Near the end of the hearing, the Government asked the district court for clarification that the sentence was based on the 18 U.S.C. § 3553(a) sentencing factors. In response, the district court acknowledged that this was a resentencing, and that because “this sentence [was] a guideline sentence . . . [it] based [the sentence] on the fact that the guidelines are presumed to be reasonable.” Moreover, the district court stated, “I don’t know that I applied any of the factors in 3553[(a)].” The Government then submitted that the “sentence is greater [sic], but not more than necessary” to protect the community “based on Mr. Watkins’ repeated criminal conduct.” The district court then confirmed the Government’s statement by saying, “I’ll find that. I can make that finding.”

Shortly after this hearing, the district court issued the written judgment, which included several conditions of supervised release: those mandated by the Guidelines, the thirteen standard conditions recommended by the Guidelines, and the special conditions mentioned at the hearing—substance abuse and mental health treatment. Watkins now appeals.

II.

Watkins first contends there was insufficient evidence to support his felon-in-possession conviction. A conviction under 18 U.S.C. § 922(g)(1) requires the Government to:

[P]rove beyond a reasonable doubt that (1) [Watkins] had been previously convicted of a crime punishable by a term of imprisonment

-3- exceeding one year; (2) [Watkins] knowingly possessed a firearm; (3) the firearm was in or affecting interstate commerce; and (4) [Watkins] “knew he belonged to the relevant category of persons barred from possessing a firearm.”

United States v. Burning Breast, 8 F.4th 808, 812 (8th Cir. 2021) (citation omitted). At trial, Watkins stipulated to the first and fourth elements, and does not dispute the third on appeal. Rather, he disputes whether the second element was proven, arguing that the Government failed to prove that he knowingly possessed a firearm because no fingerprints linked him to the gun, no one had seen him with that gun before, and the car was owned by his fiancée and occupied by her earlier on the night of Watkins’s arrest. “We review the sufficiency of the evidence de novo, viewing the evidence and credibility determinations in the light most favorable to the jury’s verdict and reversing only if no reasonable jury could have found the defendant guilty.” United States v. Ganter, 3 F.4th 1002, 1004 (8th Cir. 2021).

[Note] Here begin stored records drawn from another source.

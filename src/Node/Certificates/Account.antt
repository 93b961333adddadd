-- ===== src/Node/Certificates/Account.antt =====
-- node/lego.go: `User`, the account at the authority, with its key in a file.
use v2b_x_turbo.Base.{
  Bool, String, Option, none, some, Result, ok, err, string_eq, ◌==◌, if◌then◌else◌,
}
use v2b_x_turbo.Node.Certificates.System.{
  Run, ◌>>=◌, ◌>>◌, return, call, ask, try, label, System, StoredUser, is_exist,
}

pub record User (Key Reg : Type 0) : Type 0 where
  pub email : String
  pub registration : Option Reg
  pub key : Option Key
  pub key_encoded : String

abbrev pub new_user : {Key Reg : Type 0} → String → User Key Reg
new_user email = record { email = email; registration = none; key = none; key_encoded = "" }

module _ {W Key Reg Client Provider Cert : Type 0}
    (sys : System W Key Reg Client Provider Cert) where
  unfoldable pub exists : String → W → Bool
  unfolding is_exist
  exists path w = is_exist (sys.stat path w)

  unfoldable pub check_path : String → Run W (Unit {0})
  unfolding exists
  check_path p w =
      if exists (sys.dir p) w
      then some (ok tt, w)
      else label "create dir error: " (try (sys.mkdir_all (sys.dir p))) w

  unfoldable pub encode_private : Key → Result String
  encode_private k = elim (sys.marshal_key k) [ err m ↦ err m | ok t ↦ ok (sys.pem_encode t) ]

  -- A text that is no PEM panics.
  unfoldable pub decode_private : String → Run W Key
  decode_private text w = elim (sys.pem_decode text) [
    | none ↦ none
    | some b ↦ some (sys.parse_key b, w)
  ]

  -- The error of `EncodePrivate` is dropped; its text is then empty.
  abbrev pub encoded : Result String → String
  encoded (ok t) = t
  encoded (err m) = ""

  unfoldable pub write_stored : String → StoredUser Reg → Run W (Unit {0})
  write_stored path u =
      label "marshal json error: " (do json ← ask (λ w. sys.encode u); try (sys.write path json))

  -- `Save`, for a user with a key; without one it panics.
  unfoldable pub save : String → User Key Reg → Run W (User Key Reg)
  unfolding check_path encode_private write_stored
  save path u = do
    label "check path error: " (check_path path)
    key ← (λ w. elim u.key [ none ↦ none | some k ↦ some (ok k, w) ])
    let text = encoded (encode_private key)
    try (sys.open_truncate path)
    write_stored path
        (record { email = u.email; registration = u.registration; key_encoded = text })
    return (record u { key_encoded = "" })

  -- `Load`, into a new user.
  unfoldable pub load : String → Run W (User Key Reg)
  unfolding decode_private
  load path = do
    text ← label "open file error: " (ask (sys.read_file path))
    stored ← label "unmarshal json error: " (ask (λ w. sys.decode text))
    key ← label "decode private key error: " (decode_private stored.key_encoded)
    return (record {
      email = stored.email;
      registration = stored.registration;
      key = some key;
      key_encoded = stored.key_encoded;
    })

  unfoldable pub register_user : User Key Reg → String → Run W (User Key Reg)
  unfolding save
  register_user u path = do
    key ← label "generate key error: " (call sys.generate_key)
    client ←
        label "create lego client error: " (call (sys.new_client u.email u.registration (some key)))
    reg ← call (sys.register client)
    label "save user error: " (save path (record u { registration = some reg; key = some key }))

  -- `NewLegoUser`: the account of the file if it is that of the email, else a new one.
  unfoldable pub new_lego_user : String → String → Run W (User Key Reg)
  unfolding load register_user exists
  new_lego_user path email w =
      if exists path w
      then (load path >>= λ u w'.
            if u.email == email
            then return u w'
            else register_user (record u { registration = none; email = email }) path w')
          w
      else register_user (new_user email) path w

Knowing possession may be shown by actual or constructive possession. United States v. Battle, 774 F.3d 504, 511 (8th Cir. 2014). A person constructively possesses a firearm “if the person has dominion over the premises where the firearm is located, or control, ownership or dominion over the firearm itself.” United States v. Tindall, 455 F.3d 885, 887 (8th Cir. 2006) (citation omitted). Knowledge can be proven with circumstantial evidence. Id.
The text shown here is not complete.